Software stocks are currently trading at historically low valuations, presenting a compelling investment opportunity. This is particularly intriguing given the significant role of artificial intelligence (AI) in the current bull market. While AI has the potential to enhance productivity and profitability across various industries, it also poses challenges for certain sectors, notably the software industry. The recent sell-off in software stocks has pushed their forward price-to-earnings (P/E) ratio to a historic low, making them an attractive bargain for investors.

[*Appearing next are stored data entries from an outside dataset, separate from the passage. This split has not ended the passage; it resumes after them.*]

-- ===== src/Raft/Matching/Safety.antt =====
-- Log matching: the invariant holds in every reachable cluster.
use raft_implementation.Prelude.{
  ℕ, ◌+◌, ◌<◌, ◌≤◌, ◌≡◌, ◌⊎◌, inl, inr, refl, sym, ap, ◌∙◌, subst, String, true, none, some, List,
  [], arith, Bool-cases, ◌==◌, leb, leb→lt, leb→le, sub64, add64, add64_lem,
}
use raft_implementation.Raft.Log.{Log, get, last_index, snapshot_index, new_log, slice}
use raft_implementation.Raft.Log.Shape.{IsLog}
use raft_implementation.Raft.Log.Basic.{last_index_lem}
use raft_implementation.Raft.Rpc.{AppendEntriesArgs}
use raft_implementation.Raft.Node.{Config, RaftNode, leader, new_raft_node}
use raft_implementation.Raft.Replication.{
  handle_append_entries, next_index_of, message_for, append_entries, build_args,
}
use raft_implementation.Raft.Replication.Round.{build_args-Carries}
use raft_implementation.Raft.Votes.Once.{step-VoteKept}
use raft_implementation.Raft.Steps.{append_request, step}
use raft_implementation.Raft.Cluster.{quiet, set_node}
use raft_implementation.Raft.Cluster.Quorum.{mem}
use raft_implementation.Raft.Cluster.Steady.{quiet-Steady, handle_append_entries-Steady}
use raft_implementation.Raft.Cluster.Preserve.{AreNames, named_of, update_all}
use raft_implementation.Raft.Cluster.Safety.{Step-Inv, start, start-Inv, AreConfigs}
use raft_implementation.Raft.Matching.{
  Book, Replicas, Move, apart, count, send, arrive, take_command, Replicate, begin, next, sending,
  delivering,
}
use raft_implementation.Raft.Matching.Logs.{
  AreSame, IsGood, IsGood-match, IsHonest, Grows-refl, Grows-trans,
}
use raft_implementation.Raft.Matching.Nodes.{Ages, Ages-refl, Ages-Steady}
use raft_implementation.Raft.Matching.Deliver.{
  IsCut-differ, handled-IsGood, handled_empty, handled_leader,
}
use raft_implementation.Raft.Matching.Preserve.{IsEntered, IsListed-Ages, Matched, apart-Matched}
use raft_implementation.Raft.Matching.Growth.{Keeps, counting-Keeps, commanding-Keeps}

slice_past : (l : Log) (from to : ℕ) → snapshot_index l < from → to ≤ from → slice l from to ≡ []
unfolding slice
slice_past l from to above past = ground arith

empty_past :
    (peer : String) (n : RaftNode)
    → IsLog n.log
    → last_index n.log + 1 < next_index_of peer n
    → (build_args peer n).entries ≡ []
unfolding build_args
empty_past peer n w past =
    let bound = last_index_lem n.log w in
    slice_past n.log (next_index_of peer n) _ (omega (arith, w.has_sentinel))
      (omega (arith, w.fits, w.has_sentinel, add64_lem (last_index n.log) 1))

-- A leader's message is honest: past the end of its log it carries nothing.
build_args-IsHonest :
    (book : Book) (i peer : String) (n : RaftNode)
    → book n.current_term ≡ some (i, n.log)
    → IsGood book n.log
    → 0 < next_index_of peer n
    → IsHonest book (build_args peer n)
build_args-IsHonest book i peer n listed good above =
    let bound = last_index_lem n.log good.is_log in
    elim (Bool-cases (leb (next_index_of peer n) (last_index n.log + 1))) [
      | inl within ↦
          let c = build_args-Carries peer n (record {
            is_log = good.is_log;
            above = omega (arith, good.whole);
            within = leb→le _ _ within;
          }) in
          inr (record {
            by = i;
            its_log = n.log;
            listed = unfold build_args in listed;
            is_append = c.is_append;
            prev_term = λ pos. c.prev_term;
            covers = omega (arith, c.size);
            copies = c.reads;
          })
      | inr past ↦ inl (empty_past peer n good.is_log (omega (arith, leb→lt _ _ past)))
    ]

sent_append :
    (n : RaftNode) (peer : String) (args : AppendEntriesArgs)
    → message_for n peer ≡ append_entries args
    → (snapshot_index n.log < next_index_of peer n) × (build_args peer n ≡ args)
unfolding message_for
sent_append n peer args e = elim (Bool-cases (leb (next_index_of peer n) (snapshot_index n.log))) [
  | inl old ↦ absurd (let e' = rw old at e in cc)
  | inr new ↦ (leb→lt _ _ new, let e' = rw new at e in cc)
]

module _ (ids : List String) (names : AreNames ids) where
  sending-Matched :
      (s : Replicas) (k : ℕ) (i peer : String) (args : AppendEntriesArgs)
      → Matched ids s
      → mem i ids ≡ true
      → (s.cluster.node i).state ≡ leader
      → message_for (s.cluster.node i) peer ≡ append_entries args
      → Matched ids (sending s k args)
  sending-Matched s k i peer args h mi leads e = record {
    base = h.base;
    nodes = h.nodes;
    listed = h.listed;
    honest = λ j args' e'. elim (Bool-cases (k == j)) [
      | inr other ↦ h.honest j args' (rw other at e')
      | inl this ↦
          let ok = h.nodes i mi in
          let (above, built) = sent_append (s.cluster.node i) peer args e in
          let e'' : some args ≡ some args' = rw this at e' in
          let same : args ≡ args' = cc in
          subst (IsHonest s.book) (built ∙ same) (
            build_args-IsHonest s.book i peer (s.cluster.node i) (ok.leads leads) ok.good
              (omega arith))
    ];
  }

  -- The receiver of an honest message keeps its log, or has a good one and does not lead.
  handled_log :
      (s : Replicas) (i : String) (now : ℕ) (args : AppendEntriesArgs)
      → Matched ids s
      → IsHonest s.book args
      → IsEntered s.book i (s.cluster.node i)
      → let n = s.cluster.node i in
        let m = (handle_append_entries now args n).0 in
        (m.log ≡ n.log) ⊎ (IsGood s.book m.log × (m.state ≡ leader → m.log ≡ n.log))
  handled_log s i now args h (inl none_sent) ok =
      inl (handled_empty now args (s.cluster.node i) none_sent)
  handled_log s i now args h (inr c) ok =
      let n = s.cluster.node i in
      elim (handled-IsGood s.book now args n c ok.good (h.listed _ c.by c.its_log c.listed).good) [
        | inl same ↦ inl same
        | inr (good, cut) ↦ inr (
          good,
          λ e. elim (handled_leader now args n e) [
            | inl same ↦ same
            | inr term ↦
                let (was, _) = (handle_append_entries-Steady now args n).no_new_leader e in
                let mine : s.book args.term ≡ some (i, n.log) = ap s.book term ∙ ok.leads was in
                let theirs = c.listed in
                absurd (IsCut-differ _ _ _ cut (let own : n.log ≡ c.its_log = cc in own))
          ],
        )
      ]

  handled-IsEntered :
      (s : Replicas) (i : String) (now : ℕ) (args : AppendEntriesArgs)
      → Matched ids s
      → IsHonest s.book args
      → IsEntered s.book i (s.cluster.node i)
      → IsEntered s.book i (step (append_request now args) (s.cluster.node i))
  unfolding step
  handled-IsEntered s i now args h honest ok =
      let n = s.cluster.node i in
      let steady = handle_append_entries-Steady now args n in
      let outcome = handled_log s i now args h honest ok in
      record {
        good = elim outcome [
          | inl same ↦ subst (IsGood s.book) (sym same) ok.good
          | inr (good, _) ↦ good
        ];
        leads = λ e.
            let (was, term) = steady.no_new_leader e in
            let same : (handle_append_entries now args n).0.log ≡ n.log = elim outcome [
              | inl same ↦ same
              | inr (_, kept) ↦ kept e
            ] in
            rw (term, same) (ok.leads was);
        leader_term = λ e. let (was, term) = steady.no_new_leader e in rw term (ok.leader_term was);
        candidate_term =
            λ e. let (was, term) = steady.no_new_candidate e in rw term (ok.candidate_term was);
      }

  delivering-Matched :
      (s : Replicas) (k : ℕ) (i : String) (now : ℕ) (args : AppendEntriesArgs)
      → Matched ids s
      → mem i ids ≡ true
      → s.mail k ≡ some args
      → Matched ids (delivering s i now args)
  delivering-Matched s k i now args h mi e =
      let n = s.cluster.node i in
      let m = step (append_request now args) n in
      let d = set_node s.cluster i m in
      let base = Step-Inv ids names {d = d} (quiet i (append_request now args) mi tt tt) h.base in
      let ages =
        Ages-Steady n m (quiet-Steady (append_request now args) n tt tt)
          (step-VoteKept (append_request now args) n tt) in
      let here = handled-IsEntered s i now args h (h.honest k args e) (h.nodes i mi) in
      record {
        base = base;
        nodes =
            λ j mj. update_all (IsEntered s.book) s.cluster.node i m j here (λ ne. h.nodes j mj);
        listed = λ t j l x.
            let ok = h.listed t j l x in
            let aged =
              update_all (λ u r. Ages (s.cluster.node u) r) s.cluster.node i m j ages
                (λ ne. Ages-refl (s.cluster.node j)) in
            IsListed-Ages ids s.cluster d s.book t j l (named_of ids names j ok.member)
              (λ u v y. refl) aged ok;
        honest = h.honest;
      }

  pub Move-Keeps : {s r : Replicas} → Move ids s r → Matched ids s → Keeps ids s r
  Move-Keeps {s} (apart d st a) h = (apart-Matched ids names s d st a h, Grows-refl s.book)
  Move-Keeps {s} (count k v now m fresh) h = counting-Keeps ids names s k v now h m fresh
  Move-Keeps {s} (send k i peer args m leads e) h =
      (sending-Matched s k i peer args h m leads e, Grows-refl s.book)
  Move-Keeps {s} (arrive k i now args m e) h =
      (delivering-Matched s k i now args h m e, Grows-refl s.book)
  Move-Keeps {s} (take_command i b m room) h = commanding-Keeps ids names s i b h m room

  pub Replicate-Keeps : {s r : Replicas} → Replicate ids s r → Matched ids s → Keeps ids s r
  Replicate-Keeps {s} begin h = (h, Grows-refl s.book)
  Replicate-Keeps (next r m) h =
      let (here, grows) = Replicate-Keeps r h in
      let (there, grows') = Move-Keeps m here in (there, Grows-trans _ _ _ grows grows')

-- Fresh nodes, no mail, and nobody has led.
unfoldable pub fresh_replicas : List String → String → (String → Config) → Replicas
unfolding start
fresh_replicas ids o cfg = record { cluster = start ids o cfg; mail = λ k. none; book = λ t. none }

fresh-IsGood : (book : Book) → IsGood book new_log
unfolding last_index add64 sub64
fresh-IsGood book = record {
  is_log = record { has_sentinel = omega arith; contiguous = (refl, tt); fits = omega arith };
  whole = refl;
  has_terms = λ i a b. absurd (omega arith);
  traced = λ i a b. absurd (omega arith);
}

pub fresh-Matched :
    (ids : List String) (o : String) (cfg : String → Config)
    → AreConfigs ids cfg
    → mem o ids ≡ true
    → Matched ids (fresh_replicas ids o cfg)
unfolding fresh_replicas start new_raft_node
fresh-Matched ids o cfg h m = record {
  base = start-Inv ids o cfg h m;
  nodes = λ i mi. record {
    good = fresh-IsGood (λ t. none);
    leads = λ e. absurd (ground arith);
    leader_term = λ e. absurd (ground arith);
    candidate_term = λ e. absurd (ground arith);
  };
  listed = λ t j l e. cc;
  honest = λ k args e. cc;
}

-- Log matching. From fresh nodes with distinct names that are not empty and with the same
-- membership, by any steps without snapshots (elections and clean restarts as in election_safety,
-- commands that fit 64 bits, append messages of leaders that arrive late, twice or never): if two
-- nodes have entries of the same term at an index above 0, their logs are the same from index 1 up
-- to it.
pub log_matching :
    (ids : List String) (o : String) (cfg : String → Config) (s : Replicas) (i j : String) (x : ℕ)
    → AreNames ids
    → AreConfigs ids cfg
    → mem o ids ≡ true
    → Replicate ids (fresh_replicas ids o cfg) s
    → mem i ids ≡ true
    → mem j ids ≡ true
    → 0 < x
    → x ≤ last_index (s.cluster.node i).log
    → x ≤ last_index (s.cluster.node j).log
    → (get (s.cluster.node i).log x).term ≡ (get (s.cluster.node j).log x).term
    → (y : ℕ) → 0 < y
    → y ≤ x
    → get (s.cluster.node i).log y ≡ get (s.cluster.node j).log y
log_matching ids o cfg s i j x names h m r mi mj pos low_i low_j e y pos_y below =
    let k = (Replicate-Keeps ids names r (fresh-Matched ids o cfg h m)).0 in
    (IsGood-match s.book _ _ x (k.nodes i mi).good (k.nodes j mj).good pos low_i low_j e).reads y
      pos_y below

-- Leaders over time, in the same runs: if a node leads a term in a state, and a node leads that
-- term in a state reached from there, it is the same node, and its log has kept every entry and
-- may have grown.
pub leader_keeps_log :
    (ids : List String) (o : String) (cfg : String → Config) (s r : Replicas) (i j : String)
    → AreNames ids
    → AreConfigs ids cfg
    → mem o ids ≡ true
    → Replicate ids (fresh_replicas ids o cfg) s
    → Replicate ids s r
    → mem i ids ≡ true
    → mem j ids ≡ true
    → (s.cluster.node i).state ≡ leader
    → (r.cluster.node j).state ≡ leader
    → (s.cluster.node i).current_term ≡ (r.cluster.node j).current_term
    → let l = (s.cluster.node i).log in
      let l' = (r.cluster.node j).log in
      (i ≡ j)
      × (last_index l ≤ last_index l')
      × ((y : ℕ) → 0 < y → y ≤ last_index l → get l' y ≡ get l y)
leader_keeps_log ids o cfg s r i j names h m before after mi mj leads leads' term =
    let first = (Replicate-Keeps ids names before (fresh-Matched ids o cfg h m)).0 in
    let (second, grows) = Replicate-Keeps ids names after first in
    let (l', listed, same) = grows _ i _ ((first.nodes i mi).leads leads) in
    let theirs : r.book (s.cluster.node i).current_term ≡ some (j, (r.cluster.node j).log) =
      rw term ((second.nodes j mj).leads leads') in
    let owner : i ≡ j = cc in
    let now : l' ≡ (r.cluster.node j).log = cc in
    let end =
      subst (λ x. AreSame (s.cluster.node i).log x (last_index (s.cluster.node i).log)) now same in
    (owner, end.within', λ y a b. sym (end.reads y a b))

The software sector has experienced a downturn due to concerns about the potential disruption of enterprise software by generative AI. This has led to reduced investor confidence in the earnings potential of software companies, particularly those relying on software-as-a-service (SaaS) subscriptions. As a result, investors are willing to pay lower multiples for future earnings, causing software stocks to trade at significantly lower valuations compared to the overall market.
Historically, software stocks have traded at higher P/E multiples than the S&P 500, reflecting their fast-growing nature and the predictability of SaaS revenue. However, the current market conditions have pushed software stocks to their lowest valuation ever relative to the S&P 500. This presents an opportunity for investors to capitalize on the sector's undervaluation.
Two software stocks that stand out as potential bargains are Salesforce and ServiceNow. Salesforce, despite a recent slowdown in revenue growth, is expected to reverse this trend in the near future. The company's AI products, particularly the Agentforce platform, are gaining traction, with revenue climbing 169% year over year. The addition of Data 360 and the newly acquired Informatica further bolsters AI-related revenue, contributing to a 200% increase in total AI-related revenue to $2.9 billion.
Salesforce's outlook for 2027 and beyond is promising, with revenue forecasts reaching $46 billion at the midpoint of guidance, up 11%. The company's commitment to efficiency and scaling up AI operations is expected to improve its operating margin. Additionally, Salesforce's recent accelerated share repurchase program of $25 billion demonstrates its confidence in the company's long-term prospects.
ServiceNow, another AI-driven software company, is also experiencing strong growth. Its AI solutions reached $600 million in annual contract value as of the end of 2025, surpassing its goal of $500 million. The company's AI Control Tower platform is gaining momentum, with deal volume tripling sequentially in the last quarter. ServiceNow's focus on integrating acquisitions and organic growth is expected to result in around 20% revenue growth on a constant-currency basis in 2026, with an expansion in operating margin to 32%.
Despite the sector's challenges, ServiceNow continues to demonstrate strong net revenue retention among its customers, ensuring substantial long-term growth. The company's expanding suite of services positions it as a central player in agentic AI strategies for businesses. As ServiceNow continues to attract new customers and maintain high net revenue retention, it is well-positioned for sustainable long-term revenue growth.
In conclusion, the current low valuations of software stocks present a unique investment opportunity. While AI uncertainty has impacted the sector, companies like Salesforce and ServiceNow are leveraging AI to drive growth and improve efficiency. The undervaluation of software stocks, relative to slow-growing sectors, makes them attractive bargains with significant upside potential. Investors who recognize the long-term value of these companies may find themselves in a favorable position as the market recovers and software stocks regain their historical premium.